Глава 4. НА МОРСКОМ БЕРЕГУ.
Меня разбудили
птицы в ветвях дерева. Солнце пока не поднялось над горизонтом, но, ещё не
открыв глаза, я уже знал: утро будет ясным и сверкающим.
Гвен, уютно
свернувшийся у меня под боком, завозился и поднялся, потягиваясь и шумно отряхиваясь.
Утренний Луч пасся поблизости, и серебристая его грива, словно усыпанная
мелкими капельками росы, казалась прядью ночного тумана.
Лаэг оживлял
костёр, раздувая тлеющие угли и подкладывая мелкие щепочки и сухие травинки.
Волосы его были густо припорошены пеплом. Почувствовав мой взгляд, он поднял
голову, улыбнулся и сказал:
- Привет!
- Ты как будто
седой, - заметил я смеясь.

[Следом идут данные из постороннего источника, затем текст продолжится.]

-- ===== src/Prompts/Identifier.antt =====
-- prompts/utils/identifier.utils.ts: the names that a prompt may have. `trim`, and which characters are
-- white space, are JavaScript's, and arguments.
use Prim.Native.Char.{Char, code}
use arcane_backend.Common.{
  ℕ, String, Bool, true, false, ◌&&◌, ◌||◌, ◌==◌, Result, ok, err, leb, same_number, if◌then◌else◌,
}
use arcane_backend.Exception.{
  plain_error, identifier_empty, identifier_has_outer_dot, identifier_has_two_dots,
  identifier_has_other_characters,
}

pub record TextTools : Type 0 where
  pub trim : String → String
  -- whether `\s` matches the character
  pub is_space : Char → Bool
  -- `${n}`
  pub number_to_string : ℕ → String

abbrev pub is_dot : Char → Bool
is_dot c = same_number (code c) b'.'

-- `text.startsWith(".")`
unfoldable pub starts_with_dot : String → Bool
starts_with_dot String.[] = false
starts_with_dot (String.◌∷◌ c s) = is_dot c

-- `text.endsWith(".")`
unfoldable pub ends_with_dot : String → Bool
ends_with_dot String.[] = false
ends_with_dot (String.◌∷◌ c String.[]) = is_dot c
ends_with_dot (String.◌∷◌ c (String.◌∷◌ d s)) = ends_with_dot (String.◌∷◌ d s)

-- `text.includes("..")`
unfoldable pub has_two_dots : String → Bool
unfolding starts_with_dot
has_two_dots String.[] = false
has_two_dots (String.◌∷◌ c s) = (is_dot c && starts_with_dot s) || has_two_dots s

abbrev pub is_between : ℕ → ℕ → ℕ → Bool
is_between low high c = leb low c && leb c high

module _ (t : TextTools) where
  -- `[a-zA-Z0-9._\s-]`
  unfoldable pub is_allowed : Char → Bool
  is_allowed c =
      is_between b'a' b'z' (code c)
      || is_between b'A' b'Z' (code c)
      || is_between b'0' b'9' (code c)
      || is_dot c
      || same_number (code c) b'_'
      || t.is_space c
      || same_number (code c) b'-'

  unfoldable pub all_allowed : String → Bool
  unfolding is_allowed
  all_allowed String.[] = true
  all_allowed (String.◌∷◌ c s) = is_allowed c && all_allowed s

  -- `/^[a-zA-Z0-9._\s-]+$/.test(text)`
  unfoldable pub matches_pattern : String → Bool
  unfolding all_allowed
  matches_pattern String.[] = false
  matches_pattern (String.◌∷◌ c s) = all_allowed (String.◌∷◌ c s)

  -- The tests behind `trim`.
  abbrev pub validate_trimmed : String → Result String
  validate_trimmed trimmed =
      if starts_with_dot trimmed || ends_with_dot trimmed
      then err (plain_error identifier_has_outer_dot)
      else if has_two_dots trimmed
      then err (plain_error identifier_has_two_dots)
      else if matches_pattern trimmed
      then ok trimmed
      else err (plain_error identifier_has_other_characters)

  unfoldable pub validate : String → Result String
  unfolding starts_with_dot ends_with_dot has_two_dots matches_pattern
  validate identifier =
      if identifier == "" || t.trim identifier == ""
      then err (plain_error identifier_empty)
      else validate_trimmed (t.trim identifier)
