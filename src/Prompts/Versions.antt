-- ===== src/Prompts/Versions.antt =====
-- prompts/services/prompt-versions.service.ts: which version of a prompt is used. The lists of versions,
-- and a version by its id, are left out. A version's id is a uuid by the route that asks for it; an
-- identifier may be any text.
use arcane_backend.Common.{
  String, Option, none, some, not, ◌&&◌, ◌==◌, Bool, Exec, pure, reads, modify, throw_if, or_throw,
  ◌>>=◌, ◌>>◌, truthy, or_empty, if◌then◌else◌,
}
use arcane_backend.Entities.{Prompt, PromptVersion}
use arcane_backend.Exception.{
  not_found, forbidden, query_failed, prompt_not_found, prompt_does_not_belong_to_project,
  no_versions_found, version_not_found_for_prompt,
}
use arcane_backend.Platform.{
  Platform, Db, World, AuditEvent, AuditState, promoted_state, record_audit,
}

abbrev pub has_prompt_id : String → String → Prompt → Bool
has_prompt_id project_id id x = x.id == id && x.project_id == project_id

abbrev pub is_prompt_named : String → String → Prompt → Bool
is_prompt_named project_id name x = x.name == name && x.project_id == project_id

abbrev pub is_version_of : String → PromptVersion → Bool
is_version_of prompt_id x = x.prompt_id == prompt_id

abbrev pub is_version : String → String → PromptVersion → Bool
is_version id prompt_id x = x.id == id && x.prompt_id == prompt_id

abbrev pub prompt_event :
    String
    → Option String
    → String
    → Option String
    → String
    → Option AuditState
    → Option AuditState
    → AuditEvent
prompt_event action actor_id prompt_id organisation_id project_id before after = record {
  action = action;
  actor_id = actor_id;
  resource_type = "prompt";
  resource_id = prompt_id;
  organisation_id = organisation_id;
  project_id = some project_id;
  before_state = before;
  after_state = after;
}

module _ (p : Platform) where
  -- `promptRepository.save` of a prompt that is there
  abbrev pub save_prompt : Prompt → World p → World p
  save_prompt x w = record w {
    db = record (w.db) { prompts = p.replace (λ y. y.id == x.id) x w.db.prompts };
  }

  abbrev pub found_or_named : String → String → Db → Option Prompt → Option Prompt
  found_or_named project_id identifier db (some x) = some x
  found_or_named project_id identifier db none =
      p.find_one (is_prompt_named project_id identifier) db.prompts

  unfoldable pub prompt_by_identifier : String → String → Db → Option Prompt
  prompt_by_identifier project_id identifier db =
      found_or_named project_id identifier db
        (p.find_one (has_prompt_id project_id identifier) db.prompts)

  -- The column of ids is a uuid, and the database throws for another text.
  unfoldable pub find_prompt_by_identifier : String → String → Exec (World p) (Option Prompt)
  unfolding prompt_by_identifier
  find_prompt_by_identifier project_id identifier = do
    throw_if (not (p.is_id identifier)) (query_failed identifier)
    reads (λ w. prompt_by_identifier project_id identifier w.db)

  unfoldable pub get_prompt_by_identifier_or_throw : String → String → Exec (World p) Prompt
  unfolding find_prompt_by_identifier
  get_prompt_by_identifier_or_throw project_id identifier = do
    prompt ← find_prompt_by_identifier project_id identifier
    or_throw prompt (not_found (prompt_not_found identifier))

  -- `if (prompt.promotedVersionId)`
  abbrev pub find_promoted : Prompt → Db → Option PromptVersion
  find_promoted prompt db =
      if truthy prompt.promoted_version_id
      then p.find_one (is_version (or_empty prompt.promoted_version_id) prompt.id)
          db.prompt_versions
      else none

  abbrev pub promoted_or_newest : Prompt → Db → Option PromptVersion → Option PromptVersion
  promoted_or_newest prompt db (some x) = some x
  promoted_or_newest prompt db none =
      p.find_latest (λ x. x.created_at) (is_version_of prompt.id) db.prompt_versions

  unfoldable pub get_latest_version_entity : String → String → Exec (World p) PromptVersion
  unfolding get_prompt_by_identifier_or_throw
  get_latest_version_entity project_id prompt_identifier = do
    prompt ← get_prompt_by_identifier_or_throw project_id prompt_identifier
    throw_if (not (prompt.project_id == project_id)) (forbidden prompt_does_not_belong_to_project)
    version ← reads (λ w. promoted_or_newest prompt w.db (find_promoted prompt w.db))
    or_throw version (not_found (no_versions_found prompt_identifier))

  unfoldable pub get_latest_version_by_prompt_id : String → Exec (World p) PromptVersion
  unfolding get_latest_version_entity
  get_latest_version_by_prompt_id prompt_id = do
    prompt ← reads (λ w. p.find_one (λ (x : Prompt). x.id == prompt_id) w.db.prompts)
    found ← or_throw prompt (not_found (prompt_not_found prompt_id))
    get_latest_version_entity found.project_id found.id

  -- `if (organisationId) { … }`
  abbrev pub audit_if : Option String → AuditEvent → Exec (World p) (Unit {0})
  audit_if organisation_id event = if truthy organisation_id then record_audit p event else pure tt

  unfoldable pub promote_version :
      String → String → String → Option String → Option String → Exec (World p) (Unit {0})
  unfolding get_prompt_by_identifier_or_throw
  promote_version project_id prompt_identifier version_id user_id organisation_id = do
    prompt ← get_prompt_by_identifier_or_throw project_id prompt_identifier
    throw_if (not (prompt.project_id == project_id)) (forbidden prompt_does_not_belong_to_project)
    version ← reads (λ w. p.find_one (is_version version_id prompt.id) w.db.prompt_versions)
    _ ← or_throw version (not_found (version_not_found_for_prompt version_id prompt_identifier))
    modify (save_prompt (record prompt { promoted_version_id = some version_id }))
    audit_if organisation_id (
        prompt_event "prompt.version_promoted" user_id prompt.id organisation_id project_id none
          (some (promoted_state version_id)))
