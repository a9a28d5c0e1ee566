-- ===== src/Prompts/Finding.antt =====
-- What the queries for a prompt find, and that the audit log leaves the tables alone.
use arcane_backend.Common.{
  String, Option, none, some, false, ◌==◌, ◌≡◌, refl, inl, inr, ◌≢◌, Memᴰ, eq_iff, Bool-cases,
  arith, and-eq-true, ok, truthy,
}
use arcane_backend.Entities.{Prompt}
use arcane_backend.Platform.{Platform, Db, World, AuditEvent}
use arcane_backend.Platform.Audit.{record_audit_lem}
use arcane_backend.Platform.Laws.{IsLawful}
use arcane_backend.Prompts.Identifier.{TextTools}
use arcane_backend.Prompts.Versions.{
  has_prompt_id, is_prompt_named, found_or_named, prompt_by_identifier, audit_if,
}

module _ (p : Platform) where
  pub audit_if_lem :
      (w : World p) (o : Option String) (event : AuditEvent)
      → (u : World p) × (audit_if p o event w ≡ (ok tt, u)) × (u.db ≡ w.db)
  audit_if_lem w o event = elim (Bool-cases (truthy o)) [
    | inl e ↦ let (u, run, same, _) = record_audit_lem p event w in (u, rw e run, same)
    | inr e ↦ (w, rw e refl, refl)
  ]

module _ (p : Platform) (laws : IsLawful p) (t : TextTools) where
  -- A prompt that is found is one of the project.
  pub found :
      (project_id identifier : String) (db : Db) (x : Prompt)
      → prompt_by_identifier p project_id identifier db ≡ some x
      → Memᴰ x db.prompts × (x.project_id ≡ project_id)
  unfolding prompt_by_identifier
  found project_id identifier db x =
      go (p.find_one (has_prompt_id project_id identifier) db.prompts) refl
    where
      first :
          (y : Prompt)
          → p.find_one (has_prompt_id project_id identifier) db.prompts ≡ some y
          → Memᴰ y db.prompts × (y.project_id ≡ project_id)
      first y e =
          let (m, h) = laws.find_one_some (has_prompt_id project_id identifier) db.prompts y e in
          (
            m,
            (eq_iff y.project_id project_id).0
                (and-eq-true (y.id == identifier) (y.project_id == project_id) h).1,
          )

      go :
          (q : Option Prompt)
          → p.find_one (has_prompt_id project_id identifier) db.prompts ≡ q
          → found_or_named p project_id identifier db q ≡ some x
          → Memᴰ x db.prompts × (x.project_id ≡ project_id)
      go none e h =
          let (m, k) = laws.find_one_some (is_prompt_named project_id identifier) db.prompts x h in
          (
            m,
            (eq_iff x.project_id project_id).0
                (and-eq-true (x.name == identifier) (x.project_id == project_id) k).1,
          )
      go (some y) e h = let same : y ≡ x = cc in rw (← same) (first y e)

  -- Of the prompt with that name in the project, if there is one.
  pub named :
      (project_id name : String) (db : Db) (x : Prompt)
      → p.find_one (is_prompt_named project_id name) db.prompts ≡ some x
      → Memᴰ x db.prompts × (x.name ≡ name) × (x.project_id ≡ project_id)
  named project_id name db x e =
      let (m, h) = laws.find_one_some (is_prompt_named project_id name) db.prompts x e in
      let (a, b) = and-eq-true (x.name == name) (x.project_id == project_id) h in
      (m, (eq_iff x.name name).0 a, (eq_iff x.project_id project_id).0 b)

  pub unnamed :
      (project_id name : String) (db : Db)
      → p.find_one (is_prompt_named project_id name) db.prompts ≡ none
      → (x : Prompt) → Memᴰ x db.prompts
      → x.project_id ≡ project_id
      → x.name ≢ name
  unnamed project_id name db e x m a b =
      clash (laws.find_one_none (is_prompt_named project_id name) db.prompts x e m)
    where
      clash : is_prompt_named project_id name x ≡ false → ⊥
      clash f =
          let g = (eq_iff x.name name).1 b in
          let h = (eq_iff x.project_id project_id).1 a in ground arith

  -- Where no prompt is found, none of the project has the id or the name.
  pub unfound :
      (project_id identifier : String) (db : Db)
      → prompt_by_identifier p project_id identifier db ≡ none
      → (x : Prompt) → Memᴰ x db.prompts
      → x.project_id ≡ project_id
      → (x.id ≢ identifier) × (x.name ≢ identifier)
  unfolding prompt_by_identifier
  unfound project_id identifier db h x m own =
      go (p.find_one (has_prompt_id project_id identifier) db.prompts) refl h
    where
      other : has_prompt_id project_id identifier x ≡ false → x.id ≢ identifier
      other f b =
          let g = (eq_iff x.id identifier).1 b in
          let k = (eq_iff x.project_id project_id).1 own in ground arith

      go :
          (q : Option Prompt)
          → p.find_one (has_prompt_id project_id identifier) db.prompts ≡ q
          → found_or_named p project_id identifier db q ≡ none
          → (x.id ≢ identifier) × (x.name ≢ identifier)
      go none e k = (
        other (laws.find_one_none (has_prompt_id project_id identifier) db.prompts x e m),
        unnamed project_id identifier db k x m own,
      )
      go (some y) e k = absurd (cc)
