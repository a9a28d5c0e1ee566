-- ===== src/Prompts/Active.antt =====
-- Which version of a prompt is the active one.
use arcane_backend.Common.{
  ◌≤◌, String, Option, none, some, Bool, true, false, ◌==◌, ◌≡◌, refl, sym, ap, ◌⊎◌, inl, inr, ◌≢◌,
  ◌∙◌, Memᴰ, eq_iff, Bool-cases, Option-cases, and-eq-true, ok, err, truthy, or_empty,
}
use arcane_backend.Entities.{Prompt, PromptVersion}
use arcane_backend.Exception.{query_failed, not_found, prompt_not_found, no_versions_found}
use arcane_backend.Platform.{Platform, Db, World}
use arcane_backend.Platform.Laws.{IsLawful}
use arcane_backend.Prompts.Finding.{found, unfound}
use arcane_backend.Prompts.Identifier.{TextTools}
use arcane_backend.Prompts.Versions.{
  is_version, is_version_of, prompt_by_identifier, get_prompt_by_identifier_or_throw,
  find_prompt_by_identifier, find_promoted, promoted_or_newest, get_latest_version_entity,
}

-- The prompt has an id of a promoted version, and it is that of this version.
abbrev pub Promotes : Prompt → PromptVersion → Type 0
Promotes x v = (truthy x.promoted_version_id ≡ true) × (x.promoted_version_id ≡ some v.id)

abbrev pub IsVersionOf : Db → Prompt → PromptVersion → Type 0
IsVersionOf db x v = Memᴰ v db.prompt_versions × (v.prompt_id ≡ x.id)

-- The active version of a prompt: the promoted one; and if there is none, the newest.
pub data IsActive (db : Db) (x : Prompt) (v : PromptVersion) : Type 0 where
  promoted : IsVersionOf db x v → Promotes x v → IsActive db x v
  newest :
      IsVersionOf db x v
      → ((y : PromptVersion) → IsVersionOf db x y → ¬ Promotes x y)
      → ((y : PromptVersion) → IsVersionOf db x y → y.created_at ≤ v.created_at)
      → IsActive db x v

pub or_some : (o : Option String) → truthy o ≡ true → o ≡ some (or_empty o)
or_some none h = absurd (cc)
or_some (some s) h = refl

module _ (p : Platform) (laws : IsLawful p) (t : TextTools) where
  version_of_iff :
      (db : Db) (x : Prompt) (v : PromptVersion) → is_version_of x.id v ≡ true → v.prompt_id ≡ x.id
  version_of_iff db x v h = (eq_iff v.prompt_id x.id).0 h

  -- The version that the promotion of the prompt names, if there is one.
  find_promoted_lem :
      (db : Db) (x : Prompt)
      → ((v : PromptVersion) × (find_promoted p x db ≡ some v) × IsVersionOf db x v × Promotes x v)
        ⊎ ((find_promoted p x db ≡ none)
            × ((y : PromptVersion) → IsVersionOf db x y → ¬ Promotes x y))
  find_promoted_lem db x = elim (Bool-cases (truthy x.promoted_version_id)) [
    | inl e ↦
        set e (p.find_one (is_version (or_empty x.promoted_version_id) x.id) db.prompt_versions)
          refl
    | inr e ↦ inr (rw e refl, λ y h (a, _). clash e a)
  ]
    where
      clash : {b : Bool} → b ≡ false → b ≡ true → ⊥
      clash f g = cc

      Goal : Type 0
      Goal =
          ((v : PromptVersion) × (find_promoted p x db ≡ some v)
            × IsVersionOf db x v
            × Promotes x v)
          ⊎ ((find_promoted p x db ≡ none)
              × ((y : PromptVersion) → IsVersionOf db x y → ¬ Promotes x y))

      set :
          truthy x.promoted_version_id ≡ true
          → (q : Option PromptVersion)
          → p.find_one (is_version (or_empty x.promoted_version_id) x.id) db.prompt_versions ≡ q
          → Goal
      set e none h = inr (
        rw (e, h) refl,
        λ y (m, own) (_, same). clash (laws.find_one_none _ db.prompt_versions y h m) (
            rw
              (
                (eq_iff y.id (or_empty x.promoted_version_id)).1 (sym (ap or_empty same)),
                (eq_iff y.prompt_id x.id).1 own,
              )
              refl),
      )
      set e (some v) h =
          let (m, k) = laws.find_one_some _ db.prompt_versions v h in
          let (a, b) =
            and-eq-true (v.id == or_empty x.promoted_version_id) (v.prompt_id == x.id) k in
          inl (
            v,
            rw (e, h) refl,
            (m, (eq_iff v.prompt_id x.id).0 b),
            (
              e,
              or_some x.promoted_version_id e
                  ∙ ap some (sym ((eq_iff v.id (or_empty x.promoted_version_id)).0 a)),
            ),
          )

  version_lem :
      (db : Db) (x : Prompt)
      → ((promoted_or_newest p x db (find_promoted p x db) ≡ none)
          × ((v : PromptVersion) → ¬ IsVersionOf db x v))
        ⊎ ((v : PromptVersion) × (promoted_or_newest p x db (find_promoted p x db) ≡ some v)
            × IsActive db x v)
  version_lem db x = elim (find_promoted_lem db x) [
    | inl (v, e, own, h) ↦ inr (v, rw e refl, promoted own h)
    | inr (e, no_one) ↦ rw e (
        go no_one
          (p.find_latest (λ (y : PromptVersion). y.created_at) (is_version_of x.id)
            db.prompt_versions)
          refl)
  ]
    where
      latest : Option PromptVersion
      latest =
          p.find_latest (λ (y : PromptVersion). y.created_at) (is_version_of x.id)
            db.prompt_versions

      is_own : (y : PromptVersion) → y.prompt_id ≡ x.id → is_version_of x.id y ≡ true
      is_own y own = (eq_iff y.prompt_id x.id).1 own

      go :
          ((y : PromptVersion) → IsVersionOf db x y → ¬ Promotes x y)
          → (q : Option PromptVersion) → latest ≡ q
          → ((q ≡ none) × ((v : PromptVersion) → ¬ IsVersionOf db x v))
            ⊎ ((v : PromptVersion) × (q ≡ some v) × IsActive db x v)
      go no_one none e = inl (
        refl,
        λ v (m, own). clash (laws.find_latest_none _ _ db.prompt_versions v e m) (is_own v own),
      )
        where
          clash : {b : Bool} → b ≡ false → b ≡ true → ⊥
          clash f g = cc
      go no_one (some v) e =
          let (m, h, most) = laws.find_latest_some _ _ db.prompt_versions v e in
          inr (
            v,
            refl,
            newest (m, (eq_iff v.prompt_id x.id).0 h) no_one
                (λ y (k, own). most y k (is_own y own)),
          )

  module _ (project_id identifier : String) (w : World p) where
    abbrev pub FoundEnds : Type 0
    FoundEnds =
        ((get_latest_version_entity p project_id identifier w
            ≡ (err (not_found (prompt_not_found identifier)), w))
          × (prompt_by_identifier p project_id identifier w.db ≡ none)
          × ((x : Prompt)
              → Memᴰ x w.db.prompts
              → x.project_id ≡ project_id
              → (x.id ≢ identifier) × (x.name ≢ identifier)))
        ⊎ ((x : Prompt) × (prompt_by_identifier p project_id identifier w.db ≡ some x)
            × (x.project_id ≡ project_id)
            × (((get_latest_version_entity p project_id identifier w
                    ≡ (err (not_found (no_versions_found identifier)), w))
                  × ((v : PromptVersion) → ¬ IsVersionOf w.db x v))
                ⊎ ((v : PromptVersion) × (get_latest_version_entity p project_id identifier w
                      ≡ (ok v, w))
                    × IsActive w.db x v)))

    abbrev pub LatestEnds : Type 0
    LatestEnds =
        ((p.is_id identifier ≡ false)
          × (get_latest_version_entity p project_id identifier w
              ≡ (err (query_failed identifier), w)))
        ⊎ ((p.is_id identifier ≡ true) × FoundEnds)

    -- The version of a prompt that is used: either the identifier is no uuid, and the query fails; or
    -- the project has no prompt with that id or name, and the answer says so; or the prompt that is
    -- found has no version, and the answer says so; or the answer is the active version of that
    -- prompt: the promoted one, and the newest if there is none. Nothing changes.
    pub get_latest_version_entity_lem : LatestEnds
    unfolding get_latest_version_entity get_prompt_by_identifier_or_throw find_prompt_by_identifier
    get_latest_version_entity_lem = elim (Bool-cases (p.is_id identifier)) [
      | inr off ↦ inl (off, rw off refl)
      | inl is ↦ inr (
        is,
        elim (Option-cases (prompt_by_identifier p project_id identifier w.db)) [
          | inl e ↦ inl (rw (is, e) refl, e, unfound p laws t project_id identifier w.db e)
          | inr (x, e) ↦
              let (_, own) = found p laws t project_id identifier w.db x e in
              inr (
                x,
                e,
                own,
                ends x is e ((eq_iff x.project_id project_id).1 own) (version_lem w.db x),
              )
        ],
      )
    ]
      where
        ends :
            (x : Prompt)
            → p.is_id identifier ≡ true
            → prompt_by_identifier p project_id identifier w.db ≡ some x
            → (x.project_id == project_id) ≡ true
            → ((promoted_or_newest p x w.db (find_promoted p x w.db) ≡ none)
                × ((v : PromptVersion) → ¬ IsVersionOf w.db x v))
              ⊎ ((v : PromptVersion) × (promoted_or_newest p x w.db (find_promoted p x w.db)
                    ≡ some v)
                  × IsActive w.db x v)
            → ((get_latest_version_entity p project_id identifier w
                  ≡ (err (not_found (no_versions_found identifier)), w))
                × ((v : PromptVersion) → ¬ IsVersionOf w.db x v))
              ⊎ ((v : PromptVersion) × (get_latest_version_entity p project_id identifier w
                    ≡ (ok v, w))
                  × IsActive w.db x v)
        ends x is e own (inl (h, bare)) = inl (rw (is, e, own, h) refl, bare)
        ends x is e own (inr (v, h, active)) = inr (v, rw (is, e, own, h) refl, active)
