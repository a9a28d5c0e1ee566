-- ===== src/Prompts/Validators.antt =====
-- prompts/validators/prompt-config.validator.ts and prompts/mappers/model-provider.mapper.ts. An adapter
-- is taken to be none of the names that every JavaScript object inherits.
use arcane_backend.Common.{String, ◌==◌, List, [], ◌∷◌, Result, ok, err, includes, if◌then◌else◌}
use arcane_backend.Entities.{TemplateType, chat, str}
use arcane_backend.Exception.{
  unprocessable, template_must_be_chat, template_must_be_string, parameters_do_not_match,
}

pub data ModelProvider : Type 0 where
  openai azure_openai anthropic google deepseek xai ollama aws : ModelProvider

unfoldable pub from_adapter : String → ModelProvider
from_adapter adapter =
    if adapter == "openai"
    then openai
    else if adapter == "azure"
    then azure_openai
    else if adapter == "anthropic"
    then anthropic
    else if adapter == "google-vertex-ai"
    then google
    else if adapter == "google-ai-studio"
    then google
    else if adapter == "bedrock"
    then aws
    else if adapter == "deepseek"
    then deepseek
    else if adapter == "xai"
    then xai
    else if adapter == "ollama"
    then ollama
    else openai

unfoldable pub validate_template_type : TemplateType → String → Result (Unit {0})
validate_template_type chat type =
    if type == "chat" then ok tt else err (unprocessable template_must_be_chat)
validate_template_type str type =
    if type == "string" then ok tt else err (unprocessable template_must_be_string)

abbrev pub provider_name : ModelProvider → String
provider_name openai = "OPENAI"
provider_name azure_openai = "AZURE_OPENAI"
provider_name anthropic = "ANTHROPIC"
provider_name google = "GOOGLE"
provider_name deepseek = "DEEPSEEK"
provider_name xai = "XAI"
provider_name ollama = "OLLAMA"
provider_name aws = "AWS"

abbrev pub provider_types : ModelProvider → List String
provider_types openai = "openai" ∷ []
provider_types azure_openai = "azure_openai" ∷ []
provider_types anthropic = "anthropic" ∷ []
provider_types google = "google-vertex-ai" ∷ "google-ai-studio" ∷ []
provider_types deepseek = "deepseek" ∷ []
provider_types xai = "xai" ∷ []
provider_types ollama = "ollama" ∷ []
provider_types aws = "bedrock" ∷ []

unfoldable pub validate_invocation_parameters : ModelProvider → String → Result (Unit {0})
unfolding includes
validate_invocation_parameters model_provider type =
    if includes (provider_types model_provider) type
    then ok tt
    else err (unprocessable (parameters_do_not_match type (provider_name model_provider)))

Лаэг помотал головой, отряхнул ладонью волосы надо
лбом. И тоже засмеялся.
- Поседеешь
тут. Вон какая роса, - Набрав побольше воздуха, он снова дунул на угли, и робкий
огонёк, народившись в глубине шалашика из отсыревших щепок, наконец несмело
лизнул одну ветку, другую, и вскоре весело затрещал, поедая влажные дрова. Я
выбрался из-под плаща и, не обуваясь, пошёл вверх по течению ручья, срывая по
пути созревающие ягоды брусники. От босых ног, оставляющих тёмную дорожку в
белёсой от росы траве, по всему телу разбежался озноб, но сон слетел мгновенно.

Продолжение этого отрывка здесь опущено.